Saved entries
= = =
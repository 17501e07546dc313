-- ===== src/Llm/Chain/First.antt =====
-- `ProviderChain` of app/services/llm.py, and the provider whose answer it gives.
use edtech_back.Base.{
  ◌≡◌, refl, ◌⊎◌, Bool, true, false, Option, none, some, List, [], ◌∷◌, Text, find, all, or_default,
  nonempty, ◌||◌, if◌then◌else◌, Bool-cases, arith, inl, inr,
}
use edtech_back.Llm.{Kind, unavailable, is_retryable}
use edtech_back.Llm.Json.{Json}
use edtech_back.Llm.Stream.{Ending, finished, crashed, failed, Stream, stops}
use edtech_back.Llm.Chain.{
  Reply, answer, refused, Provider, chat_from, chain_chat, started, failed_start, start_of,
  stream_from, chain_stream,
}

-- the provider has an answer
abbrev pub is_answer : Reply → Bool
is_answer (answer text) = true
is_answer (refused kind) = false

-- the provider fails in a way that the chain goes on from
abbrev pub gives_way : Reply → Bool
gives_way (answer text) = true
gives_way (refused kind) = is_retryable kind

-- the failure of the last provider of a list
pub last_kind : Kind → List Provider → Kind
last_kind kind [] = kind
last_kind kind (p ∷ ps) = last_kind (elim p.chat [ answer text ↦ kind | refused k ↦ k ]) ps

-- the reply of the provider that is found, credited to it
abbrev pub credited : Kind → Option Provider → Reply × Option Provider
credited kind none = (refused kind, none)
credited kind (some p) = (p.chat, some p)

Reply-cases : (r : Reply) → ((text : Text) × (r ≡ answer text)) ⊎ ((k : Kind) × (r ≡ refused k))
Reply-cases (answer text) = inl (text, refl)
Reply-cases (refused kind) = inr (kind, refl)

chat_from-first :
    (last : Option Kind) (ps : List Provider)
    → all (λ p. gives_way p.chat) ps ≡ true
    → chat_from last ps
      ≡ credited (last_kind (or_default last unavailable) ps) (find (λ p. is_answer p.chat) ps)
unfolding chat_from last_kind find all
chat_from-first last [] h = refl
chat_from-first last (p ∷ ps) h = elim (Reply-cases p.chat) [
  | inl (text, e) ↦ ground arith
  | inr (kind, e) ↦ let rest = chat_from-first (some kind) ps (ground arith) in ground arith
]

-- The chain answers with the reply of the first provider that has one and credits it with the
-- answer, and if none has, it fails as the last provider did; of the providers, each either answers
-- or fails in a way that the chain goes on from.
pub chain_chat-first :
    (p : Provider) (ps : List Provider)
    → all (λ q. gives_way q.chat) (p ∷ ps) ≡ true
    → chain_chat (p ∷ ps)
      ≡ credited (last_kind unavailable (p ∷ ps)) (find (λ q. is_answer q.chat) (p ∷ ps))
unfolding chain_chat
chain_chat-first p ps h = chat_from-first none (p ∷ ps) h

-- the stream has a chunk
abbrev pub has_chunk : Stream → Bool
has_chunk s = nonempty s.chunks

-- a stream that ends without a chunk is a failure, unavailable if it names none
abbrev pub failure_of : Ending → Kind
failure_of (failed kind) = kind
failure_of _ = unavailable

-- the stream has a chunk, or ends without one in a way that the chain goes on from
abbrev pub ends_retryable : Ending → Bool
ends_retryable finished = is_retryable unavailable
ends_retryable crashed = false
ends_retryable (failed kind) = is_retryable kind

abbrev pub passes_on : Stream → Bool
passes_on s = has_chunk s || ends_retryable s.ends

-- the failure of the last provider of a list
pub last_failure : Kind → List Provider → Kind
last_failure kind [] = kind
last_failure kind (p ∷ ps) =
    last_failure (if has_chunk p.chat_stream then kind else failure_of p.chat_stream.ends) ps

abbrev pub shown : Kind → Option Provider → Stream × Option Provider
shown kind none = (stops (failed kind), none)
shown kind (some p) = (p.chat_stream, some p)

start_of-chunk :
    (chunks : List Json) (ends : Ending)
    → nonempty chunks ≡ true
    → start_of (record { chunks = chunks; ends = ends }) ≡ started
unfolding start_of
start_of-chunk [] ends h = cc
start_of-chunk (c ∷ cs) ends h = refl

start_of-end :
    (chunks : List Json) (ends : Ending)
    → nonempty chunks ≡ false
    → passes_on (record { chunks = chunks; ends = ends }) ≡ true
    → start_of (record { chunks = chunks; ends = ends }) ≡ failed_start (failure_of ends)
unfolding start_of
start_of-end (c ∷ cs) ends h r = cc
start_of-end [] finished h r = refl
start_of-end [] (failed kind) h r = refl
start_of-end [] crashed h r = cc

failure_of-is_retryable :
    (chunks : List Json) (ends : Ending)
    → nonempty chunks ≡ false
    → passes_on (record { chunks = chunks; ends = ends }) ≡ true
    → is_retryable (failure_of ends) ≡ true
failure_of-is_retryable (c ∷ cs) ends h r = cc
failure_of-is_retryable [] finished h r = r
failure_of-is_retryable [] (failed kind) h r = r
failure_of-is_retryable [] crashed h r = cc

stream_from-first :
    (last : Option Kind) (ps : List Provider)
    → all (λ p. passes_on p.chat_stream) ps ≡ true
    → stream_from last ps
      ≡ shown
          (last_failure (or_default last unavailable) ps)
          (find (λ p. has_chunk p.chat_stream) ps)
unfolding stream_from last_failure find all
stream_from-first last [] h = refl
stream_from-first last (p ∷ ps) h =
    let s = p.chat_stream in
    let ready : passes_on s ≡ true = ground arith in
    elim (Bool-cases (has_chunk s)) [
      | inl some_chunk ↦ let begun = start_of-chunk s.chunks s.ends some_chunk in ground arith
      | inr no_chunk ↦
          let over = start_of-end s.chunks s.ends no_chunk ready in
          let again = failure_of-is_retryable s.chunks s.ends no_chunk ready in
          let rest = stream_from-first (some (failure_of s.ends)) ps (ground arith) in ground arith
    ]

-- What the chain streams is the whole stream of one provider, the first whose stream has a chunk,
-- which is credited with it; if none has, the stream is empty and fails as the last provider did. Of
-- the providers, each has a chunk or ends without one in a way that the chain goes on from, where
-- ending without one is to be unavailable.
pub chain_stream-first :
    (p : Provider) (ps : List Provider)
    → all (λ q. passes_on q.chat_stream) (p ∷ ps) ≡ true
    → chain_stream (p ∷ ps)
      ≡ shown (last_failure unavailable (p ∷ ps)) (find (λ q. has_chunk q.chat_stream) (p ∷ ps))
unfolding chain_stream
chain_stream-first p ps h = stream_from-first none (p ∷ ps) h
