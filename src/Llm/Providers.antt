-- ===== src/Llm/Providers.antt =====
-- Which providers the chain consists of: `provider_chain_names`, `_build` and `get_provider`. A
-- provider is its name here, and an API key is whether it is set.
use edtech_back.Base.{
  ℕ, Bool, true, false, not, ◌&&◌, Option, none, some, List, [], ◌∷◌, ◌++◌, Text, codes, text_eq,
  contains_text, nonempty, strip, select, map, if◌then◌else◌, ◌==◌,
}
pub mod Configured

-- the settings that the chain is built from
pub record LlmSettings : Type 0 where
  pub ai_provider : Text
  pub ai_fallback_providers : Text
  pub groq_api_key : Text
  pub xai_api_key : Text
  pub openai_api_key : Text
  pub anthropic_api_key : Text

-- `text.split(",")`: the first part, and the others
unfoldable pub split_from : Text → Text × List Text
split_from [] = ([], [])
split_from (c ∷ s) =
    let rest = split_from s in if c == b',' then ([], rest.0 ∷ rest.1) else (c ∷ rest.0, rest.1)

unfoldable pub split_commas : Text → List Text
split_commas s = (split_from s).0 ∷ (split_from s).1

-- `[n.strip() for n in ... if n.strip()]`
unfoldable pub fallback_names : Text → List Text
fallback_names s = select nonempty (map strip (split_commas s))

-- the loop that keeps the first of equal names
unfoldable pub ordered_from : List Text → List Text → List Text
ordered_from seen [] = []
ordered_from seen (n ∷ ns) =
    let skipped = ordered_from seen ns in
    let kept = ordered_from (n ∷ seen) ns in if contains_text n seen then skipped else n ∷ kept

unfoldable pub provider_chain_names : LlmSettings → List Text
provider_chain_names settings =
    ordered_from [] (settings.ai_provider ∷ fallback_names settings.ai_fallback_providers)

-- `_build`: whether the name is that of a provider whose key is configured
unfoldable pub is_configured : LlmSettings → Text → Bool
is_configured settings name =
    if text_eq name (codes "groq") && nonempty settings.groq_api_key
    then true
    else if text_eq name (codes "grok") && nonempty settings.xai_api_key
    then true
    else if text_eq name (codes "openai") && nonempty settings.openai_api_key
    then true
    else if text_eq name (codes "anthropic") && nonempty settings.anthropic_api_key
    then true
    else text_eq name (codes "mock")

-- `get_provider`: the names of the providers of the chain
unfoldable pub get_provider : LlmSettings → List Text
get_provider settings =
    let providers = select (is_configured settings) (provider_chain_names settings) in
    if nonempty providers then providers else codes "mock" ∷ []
= = =
## [Problem statement]
Write down, word for word, the lines above from the one containing "ends_retryable (failed kind)" through the one containing "start_of-chunk (c ∷ cs) ends h = refl", both ends included.

## [Response area]
ends_retryable (failed kind) = is_retryable kind

abbrev pub passes_on : Stream → Bool
passes_on s = has_chunk s || ends_retryable s.ends

-- the failure of the last provider of a list
pub last_failure : Kind → List Provider → Kind
last_failure kind [] = kind
last_failure kind (p ∷ ps) =
    last_failure (if has_chunk p.chat_stream then kind else failure_of p.chat_stream.ends) ps

abbrev pub shown : Kind → Option Provider → Stream × Option Provider
shown kind none = (stops (failed kind), none)
shown kind (some p) = (p.chat_stream, some p)

start_of-chunk :
    (chunks : List Json) (ends : Ending)
    → nonempty chunks ≡ true
    → start_of (record { chunks = chunks; ends = ends }) ≡ started
unfolding start_of
start_of-chunk [] ends h = cc
start_of-chunk (c ∷ cs) ends h = refl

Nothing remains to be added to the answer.